I submit all the task to the thread pool and use a map to keep track of the task and the FutureTask to get the result. And two for loops are used:

ExecutorService es = Executors.newCachedThreadPool();

Map<Task, FutureTask<Boolean>> taskResultMap = new HashMap<Task, FutureTask<Boolean>>();

for (int i = 0 ; i < callerList.size(); i++)
{
    Caller caller = callerList.get(i);
    FutureTask<Boolean> futureTask = new FutureTask<Boolean>(caller);
    es.submit(futureTask);
    taskResultMap.put(caller, futureTask);

}

for (int i = 0 ; i < callerList.size(); i++)
{
    Caller caller = callerList.get(i);
    FutureTask<Boolean> task = taskResultMap.get(caller);
    System.out.println(caller.getName() + " result is " + task.get());
}

Is this a good practice about ExecutorService and FutureTask?
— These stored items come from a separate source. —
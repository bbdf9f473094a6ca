-- ===== src/Kafka/Acl.antt =====
-- internal/provider/resource_kafka_acl.go: an ACL, its identifier, and how that is read again.
use terraform_provider_confl.Base.{
  ℕ, List, [], ◌∷◌, ◌++◌, codes, if◌then◌else◌, Bool, true, false, ◌&&◌, ◌==◌,
}
use terraform_provider_confl.Kafka.{Text}
use terraform_provider_confl.Kafka.Separated.{join, split}

-- The type of the Kafka REST API's client; `named` has its values.
pub data AclResourceType : Type 0 where
  unknown any topic group cluster transactional_id delegation_token : AclResourceType

abbrev pub named : AclResourceType → Text
named unknown = codes "UNKNOWN"
named any = codes "ANY"
named topic = codes "TOPIC"
named group = codes "GROUP"
named cluster = codes "CLUSTER"
named transactional_id = codes "TRANSACTIONAL_ID"
named delegation_token = codes "DELEGATION_TOKEN"

abbrev pub text_eq : Text → Text → Bool
text_eq [] [] = true
text_eq (b ∷ s) (c ∷ t) = b == c && text_eq s t
text_eq _ _ = false

pub record Acl : Type 0 where
  pub resource_type : AclResourceType
  pub resource_name : Text
  pub pattern_type : Text
  pub principal : Text
  pub host : Text
  pub operation : Text
  pub permission : Text

pub data AclError : Type 0 where
  unknown_acl_resource_type : Text → AclError
  invalid_format : AclError

pub data Read {ℓ} (A : Type ℓ) : Type ℓ where
  ok : A → Read A
  error : AclError → Read A

unfoldable pub string_to_acl_resource_type : Text → Read AclResourceType
string_to_acl_resource_type acl_resource_type =
    if text_eq acl_resource_type (codes "UNKNOWN")
    then ok unknown
    else if text_eq acl_resource_type (codes "ANY")
    then ok any
    else if text_eq acl_resource_type (codes "TOPIC")
    then ok topic
    else if text_eq acl_resource_type (codes "GROUP")
    then ok group
    else if text_eq acl_resource_type (codes "CLUSTER")
    then ok cluster
    else if text_eq acl_resource_type (codes "TRANSACTIONAL_ID")
    then ok transactional_id
    else if text_eq acl_resource_type (codes "DELEGATION_TOKEN")
    then ok delegation_token
    else error (unknown_acl_resource_type acl_resource_type)

abbrev pub hash : ℕ
hash = 35

abbrev pub slash : ℕ
slash = 47

-- `string(acl.ResourceType)` is what the API's client defines, a parameter.
module _ (type_text : AclResourceType → Text) where
  unfoldable pub serialize_acl : Acl → Text
  unfolding join
  serialize_acl acl = join hash (
      type_text acl.resource_type
      ∷ acl.resource_name
      ∷ acl.pattern_type
      ∷ acl.principal
      ∷ acl.host
      ∷ acl.operation
      ∷ acl.permission
      ∷ [])

  unfoldable pub create_kafka_acl_id : Text → Acl → Text
  unfolding serialize_acl
  create_kafka_acl_id cluster_id acl = cluster_id ++ slash ∷ serialize_acl acl

abbrev pub with_type :
    (name pattern_type principal host operation permission : Text) → Read AclResourceType → Read Acl
with_type name pattern_type principal host operation permission (ok resource_type) = ok record {
  resource_type = resource_type;
  resource_name = name;
  pattern_type = pattern_type;
  principal = principal;
  host = host;
  operation = operation;
  permission = permission;
}
with_type name pattern_type principal host operation permission (error e) = error e

-- Exactly seven parts.
unfoldable pub acl_of_parts : List Text → Read Acl
unfolding string_to_acl_resource_type
acl_of_parts (t ∷ name ∷ pattern_type ∷ principal ∷ host ∷ operation ∷ permission ∷ []) =
    with_type name pattern_type principal host operation permission (string_to_acl_resource_type t)
acl_of_parts _ = error invalid_format

unfoldable pub deserialize_acl : Text → Read Acl
unfolding split acl_of_parts
deserialize_acl serialized_acl = acl_of_parts (split hash serialized_acl)

-- What the import reads from the identifier: the cluster and the ACL.
abbrev pub with_cluster : Text → Read Acl → Read (Text × Acl)
with_cluster cluster_id (ok acl) = ok (cluster_id, acl)
with_cluster cluster_id (error e) = error e

unfoldable pub read_id_parts : List Text → Read (Text × Acl)
unfolding deserialize_acl
read_id_parts (cluster_id ∷ serialized_acl ∷ []) =
    with_cluster cluster_id (deserialize_acl serialized_acl)
read_id_parts _ = error invalid_format

unfoldable pub read_id : Text → Read (Text × Acl)
unfolding split read_id_parts
read_id id = read_id_parts (split slash id)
I'm new in multi-thread programming.

Another two questions:

  1. How can I get the execution time for each thread? print in caller iteself or outside caller?
  2. When I invoke the FutureTask.get() method in for loop, I think the get() method may be blocked, If a time-consuming task is running, I can't get the result of the next task but to wait. How could I do this?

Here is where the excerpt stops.